Pillai said the crude bomb was set off by the Indian Mujahideen (IM), a local group India says has been trained by militants based in Pakistan, including the Lashkar-e-Taiba.

The IM claimed responsibility for the attack in an email to local media, police said. That email was traced to a Mumbai suburb and two people were questioned over it, local media said.

"The main players of Indian Mujahideen are based in Pakistan and they are definitely running the game from there," Mumbai Police Commissioner Sanjeev Dayal told a press conference.

Pillai has said it was "too premature" to say if individuals or groups operating from Pakistan were involved.

"The investigation is focusing on the clues we have, on suspicious characters who stayed in hotels there (Varanasi)," Pillai, the top bureaucrat in the interior ministry, told Reuters.

No one has been arrested or detained, said R.P. Singh, a senior police officer said in Lucknow, the capital of Uttar Pradesh state where Varanasi is located.

India remains jittery about the threat of militant strikes, especially since the Mumbai attacks in November 2008 which killed 166 people and raised tensions with arch rival Pakistan.

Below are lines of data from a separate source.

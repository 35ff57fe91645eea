-- ===== src/Api/Windows.antt =====
-- getRequestStats: when it panics, and what it answers.
use mathlib.Core.Option
use mathlib.Core.Option.{some-injective, none-ne-some}
use botex.Prelude.{
  ◌≢◌, ◌≤◌, ltb, ◌||◌, ℕ, zero, suc, ◌≡◌, ◌↔◌, inl, inr, refl, ap, ◌∙◌, String, Option, none, some,
  Bool, Bool-cases, true, false, List, [], if◌then◌else◌, str_eq, arith, Option-cases,
}
use botex.Prelude.Atoi.{ℤ, pos, negsuc, atoi}
use botex.Data.{Bytes}
use botex.Requests.{Requests, app_stats, total_stats}
use botex.Requests
use botex.IpData.{IpData}
use botex.History.{Net, History, ip_data}
use botex.Treemap.{Treemap, Entries}
use botex.Window.{Time}
use botex.Window.Tally.{total}
use botex.Window.Rolling.{total-bucket_map}
use botex.Api.{ok, not_acceptable}
use botex.Api.RequestStats.{
  RequestWindow, empty_windows, window_size, count_windows, to_answer, stats_of, client_windows,
  get_request_stats,
}
use botex.Api.Buckets.{
  counted, IsCounted, count_windows_lem, is_ahead, add_counts-none_iff, empty_windows-length,
}

-- What `count_windows` cannot answer.
abbrev pub is_refused : ℕ → Time → ℤ → Entries ℕ → Bool
is_refused limit now (negsuc n) es = true
is_refused limit now (pos zero) es = true
is_refused limit now (pos (suc n)) es =
    ltb limit (suc n) || is_ahead now (window_size (suc n) es) es

count_windows-none_iff :
    (limit : ℕ) (now : Time) (windows : ℤ) (es : Entries ℕ)
    → (count_windows limit now windows es ≡ none) ↔ (is_refused limit now windows es ≡ true)
unfolding count_windows
count_windows-none_iff limit now (negsuc n) es = (λ _. refl, λ _. refl)
count_windows-none_iff limit now (pos zero) es = (λ _. refl, λ _. refl)
count_windows-none_iff limit now (pos (suc n)) es =
    let size = window_size (suc n) es in
    elim (Bool-cases (ltb limit (suc n))) [
      | inl e ↦ rw e (λ _. refl, λ _. refl)
      | inr e ↦ rw e (
          add_counts-none_iff now size n es (empty_windows now size (suc n) 0 [])
            (omega (arith, empty_windows-length now size (suc n) 0 [])))
    ]

to_answer-none_iff : {X : Type 0} (x : Option X) → (to_answer x ≡ none) ↔ (x ≡ none)
unfolding to_answer
to_answer-none_iff none = (λ _. refl, λ _. refl)
to_answer-none_iff (some x) = (λ h. absurd (cc), λ h. absurd (cc))

-- The number is one, the client is there, and its windows cannot be counted.
abbrev pub panics :
    {M A G F : Type 0}
    → ⦃tm : Treemap M ℕ⦄ → ℕ
    → Time
    → String
    → Option ℤ
    → Option (IpData M A G F)
    → Bool
panics limit now type none client = false
panics limit now type (some windows) none = false
panics limit now type (some windows) (some ipd) =
    is_refused limit now windows (stats_of type ipd.requests)

module _ {M A G F : Type 0} ⦃tm : Treemap M ℕ⦄ where
  client_windows-none_iff :
      (limit : ℕ) (now : Time) (windows : ℤ) (type : String) (client : Option (IpData M A G F))
      → (client_windows limit now windows type client ≡ none)
        ↔ (panics limit now type (some windows) client ≡ true)
  unfolding client_windows
  client_windows-none_iff limit now windows type none = (λ h. absurd (cc), λ h. absurd (cc))
  client_windows-none_iff limit now windows type (some ipd) =
      let es = stats_of type ipd.requests in
      let (to, from) = to_answer-none_iff (count_windows limit now windows es) in
      let (to', from') = count_windows-none_iff limit now windows es in
      (λ h. to' (to h), λ h. from (from' h))

module _ {M W A G F : Type 0} ⦃tm : Treemap M ℕ⦄ (net : Net A G) where
  -- getRequestStats panics exactly for a client that is there, and a number of windows that is
  -- not positive, that is greater than what `make` accepts, or for which some instant of the
  -- statistics lies a window or more ahead of the clock.
  pub get_request_stats-none_iff :
      (limit : ℕ) (now : Time) (ip : String) (text : Bytes) (type : String) (h : History M W A G F)
      → (get_request_stats net limit now ip text type h ≡ none) ↔ (
          panics limit now type (atoi text) (ip_data net h (Option.get_or (net.parse_ip ip) []))
          ≡ true)
  unfolding get_request_stats
  get_request_stats-none_iff limit now ip text type h = elim (Option-cases (atoi text)) [
    | inl e ↦ rw (e, get_request_stats) (λ h. absurd (cc), λ h. absurd (cc))
    | inr (windows, e) ↦
        rw (e, get_request_stats) (client_windows-none_iff limit now windows type _)
  ]

module _ {M A : Type 0} ⦃tm : Treemap M ℕ⦄ where
  -- The statistics add up to the client's `App()` or `Total()`.
  total-stats_of :
      (type : String) (r : Requests M Bytes A)
      → total (stats_of type r) ≡ (if str_eq type "app" then Requests.app r else Requests.total r)
  unfolding stats_of app_stats total_stats Requests.app Requests.total
  total-stats_of type r = elim (Bool-cases (str_eq type "app")) [
    | inl e ↦ rw e (total-bucket_map r.app_window)
    | inr e ↦ rw e (total-bucket_map r.all_window)
  ]

to_answer_ok : {X : Type 0} (x : Option X) (y : X) → to_answer x ≡ some (ok y) → x ≡ some y
unfolding to_answer
to_answer_ok none y h = absurd (cc)
to_answer_ok (some x) y h = cc

answer-ne : {X : Type 0} (y : X) → some not_acceptable ≢ some (ok y)
answer-ne y h = cc

count_windows-pos :
    (limit : ℕ) (now : Time) (windows : ℤ) (es : Entries ℕ) (ws : List RequestWindow)
    → count_windows limit now windows es ≡ some ws
    → (n : ℕ) × (windows ≡ pos (suc n)) × (suc n ≤ limit) × IsCounted now n es ws
unfolding count_windows
count_windows-pos limit now (negsuc n) es ws h = absurd (none-ne-some ws h)
count_windows-pos limit now (pos zero) es ws h = absurd (none-ne-some ws h)
count_windows-pos limit now (pos (suc n)) es ws h =
    let (fits, c) = count_windows_lem limit now n es ws h in (n, refl, fits, c)

module _ {M A G F : Type 0} ⦃tm : Treemap M ℕ⦄ where
  client_windows_lem :
      (limit : ℕ) (now : Time) (windows : ℤ) (type : String) (client : Option (IpData M A G F))
      (ws : List RequestWindow)
      → client_windows limit now windows type client ≡ some (ok ws)
      → (n : ℕ) × (ipd : IpData M A G F) × (windows ≡ pos (suc n))
        × (suc n ≤ limit)
        × (client ≡ some ipd)
        × IsCounted now n (stats_of type ipd.requests) ws
  unfolding client_windows
  client_windows_lem limit now windows type none ws h = absurd (cc)
  client_windows_lem limit now windows type (some ipd) ws h =
      let (n, e, fits, c) = count_windows-pos limit now windows _ ws (to_answer_ok _ ws h) in
      (n, ipd, e, fits, refl, c)

module _ {M W A G F : Type 0} ⦃tm : Treemap M ℕ⦄ (net : Net A G) where
  -- An answer of getRequestStats: the number of windows is a positive number that `make` accepts, and
  -- the client is there. There are as many windows as asked for, and their counts add up to the client's App() for
  -- the type "app", and to its Total() for any other. The window at index `j` starts as many
  -- window sizes ago as there are windows behind it, cut to a whole window size, and counts the
  -- requests whose age is `j` window sizes; the last window counts also all that are older.
  pub get_request_stats_lem :
      (limit : ℕ) (now : Time) (ip : String) (text : Bytes) (type : String) (h : History M W A G F)
      (ws : List RequestWindow)
      → get_request_stats net limit now ip text type h ≡ some (ok ws)
      → (n : ℕ) × (ipd : IpData M A G F) × (atoi text ≡ some (pos (suc n)))
        × (suc n ≤ limit)
        × (ip_data net h (Option.get_or (net.parse_ip ip) []) ≡ some ipd)
        × IsCounted now n (stats_of type ipd.requests) ws
        × (counted ws ≡ (
            if str_eq type "app" then Requests.app ipd.requests else Requests.total ipd.requests))
  unfolding get_request_stats
  get_request_stats_lem limit now ip text type h ws run = elim (Option-cases (atoi text)) [
    | inl e ↦ absurd (answer-ne ws (rw (e, get_request_stats) at run))
    | inr (windows, e) ↦
        let (n, ipd, w, fits, there, c) =
          client_windows_lem limit now windows type _ ws (rw (e, get_request_stats) at run) in
        (n, ipd, e ∙ ap some w, fits, there, c, c.1 ∙ total-stats_of type ipd.requests)
  ]
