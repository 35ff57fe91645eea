-- ===== src/Api/Tests.antt =====
-- A client with two requests, in buckets of 10 ns.
use mathlib.Core.List.{Perm, foldl}
use botex.Prelude.{
  Bool, ◌||◌, ℕ, suc, ◌+◌, ◌≡◌, ◌≤◌, ◌↔◌, ◌⊎◌, refl, none, some, true, false, List, [], ◌∷◌,
  if◌then◌else◌, ltb, ◌==◌, str_eq, lookup, select,
}
use mathlib.Core.Option
use botex.Prelude.Atoi
use botex.Prelude.Atoi.{pos, atoi}
use botex.Prelude.Sort.{IsDescending}
use botex.Data.{Bytes}
use botex.Treemap.Sorted.{SortedMap, sorted_map}
use botex.Window
use botex.Requests
use botex.StatsWindows.{Stats, new_stats_windows}
use botex.Store.Prefix.{bytes_eq}
use botex.Whitelist.{IpDetails}
use botex.IpData.{IpData}
use botex.IpData.Tests.{ip_data}
use botex.Block.{done}
use botex.History.{History}
use botex.History.Tests.{net}
use botex.History
use botex.Api.{ok}
use botex.Api.RequestStats.{RequestWindow, epoch, stats_of, get_request_stats}
use botex.Api.Buckets.{counted, IsCounted}
use botex.Api.Windows.{panics, get_request_stats-none_iff, get_request_stats_lem}
use botex.Api.Pages.{Filters, ip_key, get_ips}
use botex.Api.Listing.{lacks_asn, details_of, is_shown, get_ips_lem}
use botex.Api.Sockets.{no_sockets, SocketEvent, connects, items, sends, stops, socket_step, times}
use botex.Api.Pool.{has_no_items, run-IsPooled}

abbrev visitor : IpData (SortedMap ℕ) ℕ ℕ ℕ
visitor =
    let ipd = ip_data [] in
    record ipd {
      requests = record ipd.requests {
        all_window = Window.add (Window.add ipd.requests.all_window 105) 117;
      };
    }

abbrev visited : History (SortedMap ℕ) (SortedMap Stats) ℕ ℕ ℕ
visited = record { clients = ("192", visitor) ∷ []; stats = new_stats_windows 10 3 }

-- The request of the latest moment is in the window that starts first.
abbrev two_windows : List RequestWindow
two_windows =
    record { time = epoch + 105; count = 1 } ∷ record { time = epoch + 110; count = 1 } ∷ []

atoi_signs :
    (atoi (b'-' ∷ b'1' ∷ b'2' ∷ []) ≡ some (Atoi.negsuc 11))
    × (atoi (b'+' ∷ b'7' ∷ []) ≡ some (pos 7))
    × (atoi (b'7' ∷ b'x' ∷ []) ≡ none)
    × (atoi (b'-' ∷ []) ≡ none)
unfolding atoi
atoi_signs = (refl, refl, refl, refl)

visited-two_windows :
    get_request_stats net 1000 112 "192" (b'2' ∷ []) "all" visited ≡ some (ok two_windows)
unfolding get_request_stats atoi History.ip_data lookup bytes_eq Requests.total_stats
    Window.bucket_map Window.add botex.Treemap.Ascent.put_at Requests.new_requests Window.new_window
    botex.Treemap.Ascent.first_above botex.Treemap.Ascent.get_at
visited-two_windows = refl

get_request_stats_lem_example :
    (n : ℕ) × (ipd : IpData (SortedMap ℕ) ℕ ℕ ℕ) × (atoi (b'2' ∷ []) ≡ some (pos (suc n)))
    × (suc n ≤ 1000)
    × (History.ip_data net visited (Option.get_or (net.parse_ip "192") []) ≡ some ipd)
    × IsCounted 112 n (stats_of "all" ipd.requests) two_windows
    × (counted two_windows
        ≡ (if str_eq "all" "app" then Requests.app ipd.requests else Requests.total ipd.requests))
get_request_stats_lem_example =
    get_request_stats_lem net 1000 112 "192" (b'2' ∷ []) "all" visited two_windows
      visited-two_windows

get_request_stats-none_iff_example :
    (get_request_stats net 1000 112 "192" (b'0' ∷ []) "all" visited ≡ none) ↔ (
      panics 1000 112 "all"
        (atoi (b'0' ∷ []))
        (History.ip_data net visited (Option.get_or (net.parse_ip "192") []))
      ≡ true)
get_request_stats-none_iff_example =
    get_request_stats-none_iff net 1000 112 "192" (b'0' ∷ []) "all" visited

abbrev filters : Filters Bytes ℕ
filters = record { asn_number = λ a. a; parse_cidr = λ c. some c; contains = bytes_eq }

get_ips_lem_example :
    ((ips : List (IpDetails ℕ ℕ ℕ)) × (lacks_asn 3 visited.clients ≡ false)
      × (get_ips filters "total" (b'3' ∷ []) [] visited ≡ some (ok ips))
      × Perm ips (details_of (select (is_shown filters 3 none) visited.clients))
      × IsDescending (ip_key "total") ips)
    ⊎ ((lacks_asn 3 visited.clients ≡ true)
        × (get_ips filters "total" (b'3' ∷ []) [] visited ≡ none))
unfolding atoi
get_ips_lem_example = get_ips_lem filters "total" (b'3' ∷ []) [] visited

abbrev events : List (SocketEvent ℕ)
events = connects true (done 1) ∷ connects true (done 2) ∷ items (λ k. k == 0) ∷ sends 3 ∷ []

abbrev late : List (SocketEvent ℕ)
late = connects true (done 4) ∷ items (λ k. false) ∷ []

run-IsPooled_example :
    let s = foldl socket_step no_sockets events in
    let t = foldl socket_step (socket_step s stops) late in
    ((k : ℕ) → times k s.clients + times k s.ended ≡ (if ltb k s.next then 1 else 0))
    × ((writes : ℕ → Bool) (k : ℕ)
        → times k (socket_step s (items writes)).clients
          ≡ (if has_no_items s.websocket_chan || writes k then times k s.clients else 0))
    × ((k : ℕ) → times k t.ended ≡ (if ltb k s.next then 1 else 0))
    × ((k : ℕ) → times k t.clients ≡ (if ltb k s.next then 0 else if ltb k t.next then 1 else 0))
unfolding socket_step
run-IsPooled_example = run-IsPooled events late refl

one_ended :
    (foldl
      (socket_step {X = ℕ})
      no_sockets
      (connects true (done 1) ∷ connects true (done 2) ∷ items (λ k. k == 0) ∷ [])).ended
    ≡ 1 ∷ []
unfolding socket_step
one_ended = refl
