-- ===== src/Block/Lookup.antt =====
-- block.go: what is stored about an address, a network or an autonomous system, and the tests
-- whether one is blocked. `P` is IPDetails.
use botex.Prelude.{String, Option, none, some, Bool, true, false}
use botex.Data.{Bytes, BlockMessage}
use botex.Store.{KvStore}
use botex.Block.{
  Block, panicked, Outcome, done, error, Registry, Codec, decode_stored, ip_namespace,
  asn_namespace, cidr_namespace,
}

-- A test that has found a reason, or none, or has ended the goroutine.
unfoldable pub is_found : Outcome (Option String) → Outcome Bool
is_found (error e) = error e
is_found (done none) = done false
is_found (done (some reason)) = done true

-- The first test that finds something decides; one that fails does not.
unfoldable pub reason_or :
    {A F C : Type 0}
    → Outcome (BlockMessage A F C)
    → Outcome (Option String)
    → Outcome (Option String)
reason_or (done msg) next = done (some msg.reason)
reason_or (error e) next = next

unfoldable pub blocked_or : {P : Type 0} → Outcome P → Outcome Bool → Outcome Bool
blocked_or (done details) next = done true
blocked_or (error e) next = next

module _ {S A F C N P : Type 0} ⦃kv : KvStore S⦄ (registry : Registry A N)
    (codec : Codec A F C N P) where
  unfoldable pub get_ip : Block S → Bytes → Outcome P
  get_ip b ip = decode_stored codec.decode_details (kv.get b.store (ip_namespace ip))

  unfoldable pub get_network : Block S → N → Outcome (BlockMessage A F C)
  get_network b network =
      decode_stored codec.decode_block (kv.get b.store (cidr_namespace (registry.cidr network)))

  unfoldable pub get_asn : Block S → A → Outcome (BlockMessage A F C)
  get_asn b asn =
      decode_stored codec.decode_block (kv.get b.store (asn_namespace (registry.asn_number asn)))

  -- The second half of IsBlockedByASN, with the network of the autonomous system.
  unfoldable pub network_reason : Block S → Option N → Outcome (Option String)
  network_reason b none = error panicked
  network_reason b (some network) = reason_or (get_network b network) (done none)

  -- The reason for which the autonomous system, or its network, is blocked.
  unfoldable pub is_blocked_by_asn : Block S → Option A → Outcome (Option String)
  is_blocked_by_asn b none = error panicked
  is_blocked_by_asn b (some asn) =
      reason_or (get_asn b asn) (network_reason b (registry.asn_network asn))

  -- A nil address has the key of no bytes.
  unfoldable pub is_blocked : Block S → Bytes → Option A → Outcome Bool
  is_blocked b ip asn = blocked_or (get_ip b ip) (is_found (is_blocked_by_asn b asn))
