-- ===== src/Block/Change.antt =====
-- block.go: blocking and unblocking.
use botex.Prelude.{ℕ, String, Option, none, some, ◌∷◌}
use botex.Data.{Bytes, BlockMessage, IpBlockMessage, NetworkBlockMessage}
use botex.Store.{KvStore}
use botex.Block.{
  Block, BlockError, ip_is_nil, network_is_nil, asn_is_nil, Outcome, done, error, Registry, Codec,
  set_store, write_once, block_namespace, ip_namespace, asn_namespace, cidr_namespace,
}
use botex.Block.Lookup.{is_blocked_by_asn}

abbrev pub cache_network : {S : Type 0} → Block S → Bytes → Block S
cache_network b cidr = record b { network_cache = cidr ∷ b.network_cache }

abbrev pub cache_asn : {S : Type 0} → Block S → ℕ → Block S
cache_asn b asn = record b { asn_cache = asn ∷ b.asn_cache }

module _ {S : Type 0} ⦃kv : KvStore S⦄ where
  unfoldable pub remove_ip : Block S → Bytes → Block S × Option BlockError
  unfolding set_store
  remove_ip b ip = set_store b (kv.remove b.store (ip_namespace ip))

  -- `Clear`: the error of `Remove` is dropped.
  unfoldable pub clear : Block S → Block S
  clear b = record b { store = (kv.remove b.store block_namespace).0 }

module _ {S A F C N P : Type 0} ⦃kv : KvStore S⦄ (codec : Codec A F C N P) where
  -- BlockIP with an address that is not nil.
  unfoldable pub block_address :
      Block S → IpBlockMessage A F C → Option Bytes → Block S × Option BlockError
  block_address b msg none = (b, some ip_is_nil)
  block_address b msg (some ip) =
      write_once b (ip_namespace ip) (codec.encode_ip msg) (kv.get b.store (ip_namespace ip))

  unfoldable pub block_ip : Block S → IpBlockMessage A F C → Block S × Option BlockError
  block_ip b msg = block_address b msg msg.ip

module _ {S A N : Type 0} ⦃kv : KvStore S⦄ (registry : Registry A N) where
  unfoldable pub remove_network : Block S → N → Block S × Option BlockError
  remove_network b network =
      set_store b (kv.remove b.store (cidr_namespace (registry.cidr network)))

  unfoldable pub remove_asn : Block S → A → Block S × Option BlockError
  remove_asn b asn = set_store b (kv.remove b.store (asn_namespace (registry.asn_number asn)))

module _ {S A F C N P : Type 0} ⦃kv : KvStore S⦄ (registry : Registry A N)
    (codec : Codec A F C N P) where
  -- What BlockNetwork does with a network that is not nil.
  unfoldable pub store_network :
      Block S
      → NetworkBlockMessage A F C N
      → N
      → Outcome (Option String)
      → Block S × Option BlockError
  store_network b msg network (error e) = (b, some e)
  store_network b msg network (done (some reason)) = (b, none)
  store_network b msg network (done none) =
      let cidr = registry.cidr network in
      write_once (cache_network b cidr) (cidr_namespace cidr) (codec.encode_network msg)
        (kv.get b.store (cidr_namespace cidr))

  unfoldable pub block_network : Block S → NetworkBlockMessage A F C N → Block S × Option BlockError
  block_network b msg = elim msg.network [
    | none ↦ (b, some network_is_nil)
    | some network ↦ store_network b msg network (is_blocked_by_asn registry codec b msg.asn)
  ]

  -- What BlockASN does with an autonomous system that is not nil.
  unfoldable pub store_asn :
      Block S → BlockMessage A F C → A → Outcome (Option String) → Block S × Option BlockError
  store_asn b msg asn (error e) = (b, some e)
  store_asn b msg asn (done (some reason)) = (b, none)
  store_asn b msg asn (done none) =
      let n = registry.asn_number asn in
      write_once (cache_asn b n) (asn_namespace n) (codec.encode_block msg)
        (kv.get b.store (asn_namespace n))

  unfoldable pub block_asn : Block S → BlockMessage A F C → Block S × Option BlockError
  block_asn b msg = elim msg.asn [
    | none ↦ (b, some asn_is_nil)
    | some asn ↦ store_asn b msg asn (is_blocked_by_asn registry codec b (some asn))
  ]
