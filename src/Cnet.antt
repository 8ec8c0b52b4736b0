-- ===== src/Cnet.antt =====
-- cnet.c: addresses, the wire format and the socket loops.
pub mod HostAddr
pub mod Pack
pub mod Unpack
pub mod Stream
pub mod Connect
mod Tests
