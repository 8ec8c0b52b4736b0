-- ===== src/Cnet/Stream/Receive.antt =====
-- `NetRecv` gathers what the socket has.
use tm.Base.{ℕ, ◌+◌, ◌≡◌, refl, arith, ok, List, [], ◌∷◌, ◌++◌, length, length-append}
use tm.Clib.Arena.{Arena, ◌>>=◌}
use tm.Clib.Buffer.{Buffer}
use tm.Clib.Buffer.Contents.{Owns, HasRoom}
use tm.Clib.Buffer.Append.{Appended, append_lem, Appended-nil, Appended-append}
use tm.Cnet.Stream.{Status, finished, failed, ongoing, RecvEvent, bytes, net_recv}

-- `Delivers events xs s rest`: up to the first answer that is neither bytes nor an interrupt, which
-- stands for the result `s`, the socket gives the bytes `xs`.
pub data Delivers : List RecvEvent → List ℕ → Status → List RecvEvent → Type 0 where
  eof : {rest : List RecvEvent} → Delivers (RecvEvent.eof ∷ rest) [] finished rest
  would_block : {rest : List RecvEvent} → Delivers (RecvEvent.would_block ∷ rest) [] ongoing rest
  broken : {rest : List RecvEvent} → Delivers (RecvEvent.broken ∷ rest) [] failed rest
  interrupted :
      {events rest : List RecvEvent} {xs : List ℕ} {s : Status}
      → Delivers events xs s rest
      → Delivers (RecvEvent.interrupted ∷ events) xs s rest
  more :
      (ys : List ℕ) {events rest : List RecvEvent} {xs : List ℕ} {s : Status}
      → Delivers events xs s rest
      → Delivers (bytes ys ∷ events) (ys ++ xs) s rest

-- Given room, `NetRecv` appends all bytes that the socket gives, in order, whatever interrupts
-- it, answers 0 at the end of the stream, -1 at an error and 1 where the socket has no more for
-- now, and touches nothing else. What came before an error or the end is kept.
pub net_recv_lem :
    {events rest : List RecvEvent} {xs : List ℕ} {s : Status}
    → Delivers events xs s rest
    → (buf : Buffer) (n : ℕ) (a : Arena) → Owns a buf
    → HasRoom a buf (length xs + n)
    → (b : Arena) × (buf' : Buffer) × (net_recv events buf a
        ≡ ok (record { status = s; buf = buf'; events = rest }, b))
      × Appended a buf xs b buf'
      × HasRoom b buf' n
unfolding net_recv
net_recv_lem eof buf n a o r = (a, buf, refl, Appended-nil a buf o, omega arith)
net_recv_lem would_block buf n a o r = (a, buf, refl, Appended-nil a buf o, omega arith)
net_recv_lem broken buf n a o r = (a, buf, refl, Appended-nil a buf o, omega arith)
net_recv_lem (interrupted d) buf n a o r = net_recv_lem d buf n a o r
net_recv_lem (more ys {xs = xs} d) buf n a o r =
    let len_all : length (ys ++ xs) ≡ length ys + length xs = length-append ys xs in
    let (b, x, e, s, q) = append_lem buf ys (length xs + n) a o (omega (arith, len_all)) in
    let (c, y, f, t, u) = net_recv_lem d x n b s.owns q in
    (c, y, rw (e, ◌>>=◌) f, Appended-append ys xs o s t, u)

New Delhi says Pakistan-based groups aid and train militants to carry out attacks against India, a claim Islamabad rejects.

Investors closely monitor any signs of an escalation in tensions between India and Pakistan, two nuclear-armed rivals who have fought three wars.

MOSQUE ANNIVERSARY

With hundreds of temples and shrines, Varanasi, on the sacred Ganges river, is the center of Hinduism. Pilgrims flock to the city for a dip in the river, which they believe will wash away their sins.

The Indian Mujahideen has in the past claimed several attacks, including the 2008 bombings in the tourist city of Jaipur that killed 63 people and a September 2010 attack on a tourist bus outside New Delhi's main mosque.

Local media said the Indian Mujahideen, in the email claiming the attack, said the blast was retaliation for a court verdict over a disputed mosque site that gave two-thirds of the land to Hindu groups. The blast came a day after the 18th anniversary of the razing of the mosque by Hindu zealots.

The demolition had led to some of the worst religious riots in India and remains a recruitment pitch for Islamist militants.